Malaria has historically been a long-term challenge in tropical regions, and even in modern times, it has not been completely eradicated. Will malaria remain a persistent threat in these areas throughout the game, even with medical advancements?
 
This is a follow-up to an earlier post, now that I've had some time to write a proper response. If I understand the description of the Great Pestilence correctly, we have a disease that starts as soon as Europeans get a foothold anywhere in the Americas, then quickly sweeps across both continents leaving an empty landscape for Europeans to step into. This doesn't fit the actual history, and the mechanic should probably be removed.

I'll focus on the Southeastern US here, my main source being Paul Kelton's Epidemics and Enslavement. To oversimplify things a bit, Kelton's thesis is that the right conditions for smallpox, measles, or influenza to spread over a large area did not exist during the protohistoric period, and the historic record doesn't support outbreaks of any of these diseases until much later. He does think its possible that the Spanish spread malaria to North America at an early date.

The first permanent European settlement in this region was St Augustine Florida in 1565. The population of Spanish Florida (modern Florida and southeastern Georgia) dropped by more than 90% during the colonial period, with none of the original tribes existing after 1763. However, nothing about this worked the way the Great Pestilence would represent it.

The first epidemic wasn't recorded until 1614, and was limited to the area around St Augustine. A smallpox epidemic spread across northern Spanish Florida in 1649, but not beyond it.

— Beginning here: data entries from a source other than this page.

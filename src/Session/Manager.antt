-- ===== src/Session/Manager.antt =====
-- crates/core/src/session.rs: `SessionManager`. `clock n` is the n-th reading of the clock in a call.
pub mod Access
pub mod Frame
pub mod Revocation
pub mod Others
use better_auth_rs.Prelude.{
  ℕ, ℤ, ◌+◌, String, Bool, true, false, not, ◌&&◌, ◌||◌, Option, none, some, List, [], ◌∷◌, ltb,
  lez, sub_ℕ, ◌==◌, keep, if◌then◌else◌, length,
}
use better_auth_rs.Error.{AuthResult, ok, err}
use better_auth_rs.Store.{Exec, pure, attempt, ◌>>=◌}
use better_auth_rs.Store.Db.{User, Session, Db}
use better_auth_rs.Session.Statements

-- `SessionConfig`. Durations are nanoseconds.
pub record SessionConfig : Type 0 where
  pub expires_in : ℕ
  pub update_age : Option ℤ
  pub disable_session_refresh : Bool
  pub fresh_age : Option ℕ
  pub cookie_name : String

abbrev pub is_dead : ℕ → Session → Bool
is_dead now s = ltb s.expires_at now || not s.active

abbrev pub is_live : ℕ → Session → Bool
is_live now s = ltb now s.expires_at && s.active

module _ (config : SessionConfig) where
  unfoldable pub create_session :
      String → String → (ℕ → ℕ) → User → Option String → Option String → Exec Db Session
  create_session id token clock user ip_address user_agent =
      Statements.create_session id token (clock 1) (record {
        user_id = user.id;
        expires_at = clock 0 + config.expires_in;
        ip_address = ip_address;
        user_agent = user_agent;
        impersonated_by = none;
        active_organization_id = none;
      })

  -- Whether `update_age` has passed since the last update.
  abbrev pub is_old : ℕ → Session → Option ℤ → Bool
  is_old now s none = true
  is_old now s (some age) = lez age (sub_ℕ now s.updated_at)

  abbrev pub should_refresh : ℕ → Session → Bool
  should_refresh now s =
      if config.disable_session_refresh then false else is_old now s config.update_age

  -- The re-read after a refresh: a failure and a missing row keep the earlier value.
  abbrev pub reread : Session → AuthResult (Option Session) → Session
  reread s (ok (some refreshed)) = refreshed
  reread s (ok none) = s
  reread s (err e) = s

  refreshed : String → Session → AuthResult (Unit {0}) → Exec Db (Option Session)
  refreshed token s (ok u) = do
    again ← attempt (Statements.get_session token)
    pure (some (reread s again))
  refreshed token s (err e) = pure (some s)

  refresh : (ℕ → ℕ) → String → Session → Exec Db (Option Session)
  unfolding refreshed
  refresh clock token s = do
    done ← attempt (Statements.update_session_expiry token (clock 2 + config.expires_in) (clock 3))
    refreshed token s done

  -- An expired session is deleted, whatever becomes of the deletion.
  drop_dead : String → Exec Db (Option Session)
  drop_dead token = do done ← attempt (Statements.delete_session token); pure none

  examine : (ℕ → ℕ) → String → Option Session → Exec Db (Option Session)
  unfolding refresh drop_dead
  examine clock token none = pure none
  examine clock token (some s) =
      if is_dead (clock 0) s
      then drop_dead token
      else if should_refresh (clock 1) s
      then refresh clock token s
      else pure (some s)

  unfoldable pub get_session : (ℕ → ℕ) → String → Exec Db (Option Session)
  unfolding examine
  get_session clock token = do found ← Statements.get_session token; examine clock token found

  unfoldable pub list_user_sessions : (ℕ → ℕ) → String → Exec Db (List Session)
  list_user_sessions clock user_id = do
    sessions ← Statements.get_user_sessions user_id
    pure (keep (is_live (clock 0)) sessions)

  revoke_found : String → Option Session → Exec Db Bool
  revoke_found token none = pure false
  revoke_found token (some s) = do done ← Statements.delete_session token; pure true

  unfoldable pub revoke_session : (ℕ → ℕ) → String → Exec Db Bool
  unfolding revoke_found
  revoke_session clock token = do found ← get_session clock token; revoke_found token found

  unfoldable pub revoke_all_user_sessions : (ℕ → ℕ) → String → Exec Db ℕ
  revoke_all_user_sessions clock user_id = do
    sessions ← list_user_sessions clock user_id
    done ← Statements.delete_user_sessions user_id
    pure (length sessions)

  -- The loop over the listed sessions, with its count.
  pub revoke_loop : String → List Session → ℕ → Exec Db ℕ
  revoke_loop current_token [] n = pure n
  revoke_loop current_token (s ∷ l) n =
      let skipped = revoke_loop current_token l n in
      let revoked =
        Statements.delete_session s.token >>= λ _. revoke_loop current_token l (n + 1) in
      if s.token == current_token then skipped else revoked

  unfoldable pub revoke_other_user_sessions : (ℕ → ℕ) → String → String → Exec Db ℕ
  revoke_other_user_sessions clock user_id current_token = do
    sessions ← list_user_sessions clock user_id
    revoke_loop current_token sessions 0

  unfoldable pub cleanup_expired_sessions : ℕ → Exec Db ℕ
  cleanup_expired_sessions now = Statements.delete_expired_sessions now

  abbrev pub is_session_fresh : ℕ → Session → Bool
  is_session_fresh now s = elim config.fresh_age [
    | none ↦ false
    | some age ↦ ltb now (s.created_at + age)
  ]
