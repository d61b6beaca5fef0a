-- ===== src/Session/Issue.antt =====
-- `issue_user_session` (crates/api/src/plugins/helpers.rs): a session for a user, unless the admin
-- plugin is on and the user is banned. With it `update_user` of crates/seaorm/src/store/users.rs
-- for the update that lifts a ban (the derive macro clears the reason and the expiry with it).
pub mod Frame
use better_auth_rs.Prelude.{
  ℕ, ◌+◌, String, Bool, true, false, Option, none, some, List, leb, eqb, ◌==◌, ◌&&◌, if◌then◌else◌,
  unwrap_or,
}
use better_auth_rs.Error.{AuthResult, ok, err, user_not_found, banned_user, database}
use better_auth_rs.Store.{Exec, query, read, pure, throw, ◌>>=◌}
use better_auth_rs.Store.Table.{find, update_where, count}
use better_auth_rs.Store.Db.{User, Session, Db}
use better_auth_rs.Session.Manager
use better_auth_rs.Session.Manager.{SessionConfig}

-- The metadata that the admin plugin publishes: "admin.enabled", "admin.banned_user_message".
pub record AdminMetadata : Type 0 where
  pub enabled : Bool
  pub banned_user_message : Option String

abbrev pub has_user_id : String → User → Bool
has_user_id id u = u.id == id

unfoldable pub get_user_by_id : String → Exec Db (Option User)
get_user_by_id id = read (λ d. find (has_user_id id) d.users)

abbrev pub lift_ban : ℕ → User → User
lift_ban now u = record u {
  banned = false;
  ban_reason = none;
  ban_expires = none;
  updated_at = now;
}

-- The row as it stands after the statement.
abbrev pub update_user_row : String → (User → User) → Db → AuthResult (Option User) × Db
update_user_row id change d =
    if eqb (count (has_user_id id) d.users) 0 then (err (database "record not updated"), d) else (
      ok (find (has_user_id id) (update_where (has_user_id id) change d.users)),
      record d { users = update_where (has_user_id id) change d.users },
    )

unfoldable pub or_user_not_found : Option User → Exec Db User
or_user_not_found none = throw user_not_found
or_user_not_found (some u) = pure u

-- `update_user` with the ban lifted
unfoldable pub unban_user : String → ℕ → Exec Db User
unfolding or_user_not_found
unban_user id now = do
  found ← get_user_by_id id
  model ← or_user_not_found found
  updated ← query (update_user_row id (lift_ban now))
  or_user_not_found updated

abbrev pub default_banned_message : String
default_banned_message =
    "You have been banned from this application. Please contact support if you believe this is an error."

-- `ban_expires.is_some_and(|expires| expires <= now)`
abbrev pub ban_is_over : ℕ → Option ℕ → Bool
ban_is_over now none = false
ban_is_over now (some expires) = leb expires now

module _ (config : SessionConfig) (admin : AdminMetadata) where
  unfoldable pub check_ban : (ℕ → ℕ) → User → Exec Db User
  check_ban clock u =
      let lifted = unban_user u.id (clock 1) in
      let refused =
        throw (banned_user (unwrap_or admin.banned_user_message default_banned_message)) in
      if admin.enabled && u.banned
      then if ban_is_over (clock 0) u.ban_expires then lifted else refused
      else pure u

  -- The session that is issued; its identifier and token are fresh.
  unfoldable pub issue_user_session :
      (ℕ → ℕ) → String → String → String → Option String → Option String → Exec Db Session
  unfolding or_user_not_found check_ban
  issue_user_session clock id token user_id ip_address user_agent = do
    found ← get_user_by_id user_id
    user ← or_user_not_found found
    allowed ← check_ban clock user
    Manager.create_session config id token (λ n. clock (n + 2)) allowed ip_address user_agent
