-- ===== src/Admin/Update.antt =====
-- `update_user` of crates/seaorm/src/store/users.rs with the derived `apply_update`
-- (crates/seaorm-macros/src/auth_entity.rs), for updates of the role and the ban.
use better_auth_rs.Prelude.{ℕ, String, Bool, true, false, Option, none, some, or_else}
use better_auth_rs.Error.{not_found}
use better_auth_rs.Store.{Exec, query, pure, throw, ◌>>=◌}
use better_auth_rs.Store.Db.{User, Db}
use better_auth_rs.Session.Issue.{get_user_by_id, update_user_row, or_user_not_found}

-- `UpdateUser`: what is none is left as it is.
pub record UpdateUser : Type 0 where
  pub role : Option String
  pub banned : Option Bool
  pub ban_reason : Option String
  pub ban_expires : Option ℕ

abbrev pub apply_ban : UpdateUser → Option Bool → User → User
apply_ban update (some false) u = record u { banned = false; ban_reason = none; ban_expires = none }
apply_ban update (some true) u = record u {
  banned = true;
  ban_reason = or_else update.ban_reason u.ban_reason;
  ban_expires = or_else update.ban_expires u.ban_expires;
}
apply_ban update none u = record u {
  ban_reason = or_else update.ban_reason u.ban_reason;
  ban_expires = or_else update.ban_expires u.ban_expires;
}

abbrev pub apply_update : UpdateUser → ℕ → User → User
apply_update update now u =
    let ban = apply_ban update update.banned u in
    record ban { role = or_else update.role u.role; updated_at = now }

unfoldable pub update_user : String → UpdateUser → ℕ → Exec Db User
unfolding or_user_not_found
update_user id update now = do
  found ← get_user_by_id id
  model ← or_user_not_found found
  updated ← query (update_user_row id (apply_update update now))
  or_user_not_found updated

-- `.ok_or_else(|| AuthError::not_found("User not found"))`
unfoldable pub or_no_user : Option User → Exec Db User
or_no_user none = throw (not_found "User not found")
or_no_user (some u) = pure u

abbrev pub lifted : UpdateUser
lifted = record { role = none; banned = some false; ban_reason = none; ban_expires = none }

More importantly, disease was only one cause of depopulation. People left to avoid the Spanish administration, particularly the labor draft. Many people were killed or forced to flee north during revolts in 1647 and 1656. Florida missions were easy targets for English allied slave raiders. Mission Indians also appear to have been unhealthy in general because the Spanish forced them into compact towns and to rely more on corn and less on hunting and gathering for food. John Hann has several great books on the native tribes of Florida and the Spanish colonial period if anyone wants to learn more.

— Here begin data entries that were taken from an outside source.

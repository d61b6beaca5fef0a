-- ===== src/Admin/Impersonate.antt =====
-- Impersonating a user and stopping it (crates/api/src/plugins/admin/handlers.rs). The response is the
-- session, whose token goes into the cookie, and the user.
pub mod Soundness
use better_auth_rs.Prelude.{
  ℕ, ℤ, pos, ◌+◌, String, Bool, true, false, not, ◌&&◌, Option, none, some, List, [], ◌∷◌, ◌++◌,
  any, keep, map, split, trim, join, is_empty, is_some, or_else, unwrap_or, if◌then◌else◌, ◌==◌,
}
use better_auth_rs.Error.{
  AuthResult, ok, err, bad_request, not_found, forbidden, banned_user, internal,
}
use better_auth_rs.Request.{lookup}
use better_auth_rs.Store.{Exec, query, pure, throw, lift, ◌>>=◌, ◌>>◌}
use better_auth_rs.Store.Db.{User, Session, Db}
use better_auth_rs.Session.Statements
use better_auth_rs.Session.Statements.{CreateSession}
use better_auth_rs.Session.Manager
use better_auth_rs.Session.Manager.{SessionConfig}
use better_auth_rs.Session.Issue.{get_user_by_id, update_user_row, or_user_not_found, ban_is_over}
use better_auth_rs.Admin.{AdminConfig, Permissions}
use better_auth_rs.Admin.Access.{has_permission, target_is_admin}
use better_auth_rs.Admin.Update.{update_user, or_no_user, lifted}

module _ (after_seconds : ℕ → ℤ → Option ℕ) (config : AdminConfig) where
  -- A banned user is not impersonated, unless the ban is over, and then it is lifted.
  unfoldable pub check_target_ban : (ℕ → ℕ) → String → User → Exec Db User
  check_target_ban clock user_id target =
      let lift_it = update_user user_id lifted (clock 1) in
      if not target.banned
      then pure target
      else if ban_is_over (clock 0) target.ban_expires
      then lift_it
      else throw (banned_user config.banned_user_message)

  abbrev pub impersonation_end : ℕ → ℕ
  impersonation_end now =
      unwrap_or (after_seconds now (unwrap_or config.impersonation_session_duration (pos 3600)))
        (now + 3_600_000_000_000)

  abbrev pub is_protected : String → User → Bool
  is_protected user_id target =
      not config.allow_impersonating_admins && target_is_admin (some user_id) target.role config

  -- `(id, token)` are the fresh identifier and token of the session.
  unfoldable pub impersonate_target :
      (ℕ → ℕ)
      → String
      → String
      → String
      → String
      → Option String
      → Option String
      → User
      → Exec Db (Session × User)
  unfolding check_target_ban
  impersonate_target clock id token user_id admin_user_id ip_address user_agent target = do
    allowed ← check_target_ban clock user_id target
    session ← Statements.create_session id token (clock 3) (record {
      user_id = allowed.id;
      expires_at = impersonation_end (clock 2);
      ip_address = ip_address;
      user_agent = user_agent;
      impersonated_by = some admin_user_id;
      active_organization_id = none;
    })
    pure (session, allowed)

  unfoldable pub impersonate_found :
      (ℕ → ℕ)
      → String
      → String
      → String
      → String
      → Option String
      → Option String
      → User
      → Exec Db (Session × User)
  unfolding impersonate_target
  impersonate_found clock id token user_id admin_user_id ip_address user_agent target =
      if is_protected user_id target
      then throw (forbidden "You cannot impersonate admins")
      else impersonate_target clock id token user_id admin_user_id ip_address user_agent target

  unfoldable pub impersonate_other :
      (ℕ → ℕ)
      → String
      → String
      → String
      → String
      → Option String
      → Option String
      → Exec Db (Session × User)
  unfolding or_no_user impersonate_found
  impersonate_other clock id token user_id admin_user_id ip_address user_agent = do
    found ← get_user_by_id user_id
    target ← or_no_user found
    impersonate_found clock id token user_id admin_user_id ip_address user_agent target

  unfoldable pub impersonate_user_core :
      (ℕ → ℕ)
      → String
      → String
      → String
      → String
      → Option String
      → Option String
      → Exec Db (Session × User)
  unfolding impersonate_other
  impersonate_user_core clock id token user_id admin_user_id ip_address user_agent =
      if user_id == admin_user_id
      then throw (bad_request "Cannot impersonate yourself")
      else impersonate_other clock id token user_id admin_user_id ip_address user_agent

unfoldable pub impersonator : Option String → Exec Db String
impersonator none = throw (bad_request "You are not impersonating anyone")
impersonator (some admin_id) = pure admin_id

unfoldable pub or_failed : {A : Type 0} → String → Option A → Exec Db A
or_failed message none = throw (internal message)
or_failed message (some a) = pure a

unfoldable pub return_session : Session → User → Session → Exec Db (Session × User)
return_session session admin_user admin_session =
    let leave = Statements.delete_session session.token >> pure (admin_session, admin_user) in
    if not (admin_session.user_id == admin_user.id)
    then throw (internal "Failed to find admin session")
    else leave

-- `session_token` is that of the administrator's own session, from the signed cookie.
unfoldable pub stop_impersonating_core : Session → String → Exec Db (Session × User)
unfolding impersonator or_failed return_session
stop_impersonating_core session session_token = do
  admin_id ← impersonator session.impersonated_by
  user ← get_user_by_id admin_id
  admin_user ← or_failed "Failed to find user" user
  found ← Statements.get_session session_token
  admin_session ← or_failed "Failed to find admin session" found
  return_session session admin_user admin_session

The first regionwide smallpox epidemic started in 1696, after English traders had spent decades building an extensive trade network across the Southeast. The major items of trade were muskets and powder in exchange for slaves, so the southeast was a violent place. Small villages consolidated together for protection. War interupted usual cycles of agriculture and hunting leaving people malnourished. The slave trade meant movement of raiding parties, captives, and runaways across the region. This greated conditions for smallpox to spread from the English colonies across the southeast to the Mississippi Valley and possibly from there north into the Illinois country.

By the way, the epidemic started with serious outbreaks in Virginia and Charleston, whereas the Great Pestilence allows Europeans to spread disease to Native Americans without first getting sick themselves.

Kelton estimates that most tribes in the southeast lost between 50% and 75% of their population to all causes during the late 17th and early 18th cecenturies. Writing in Mapping the Mississippian Shatter Zone, Robbie Ethridge estimated that the native population dropped by 54% with half of that directly due to the slave trade and rest due to war and disease. Neither comes close to the 75%-90% figure for disease alone that the Great Pestilence uses.

Based on all that, the Great Pestilence is too deadly and happens too quick to represent how diseases actually spread in North America (And probably the rest of the Americas as well, but other people on the forum can speak to that better than I can). On the other hand if this is intended to give Native Americans an ahistoric nerf, there are much simpler ways to do that. I think the smallpox, measles, and influenza diseases would work fine on their own, possibly with an event to bring them to the Americas in the first place.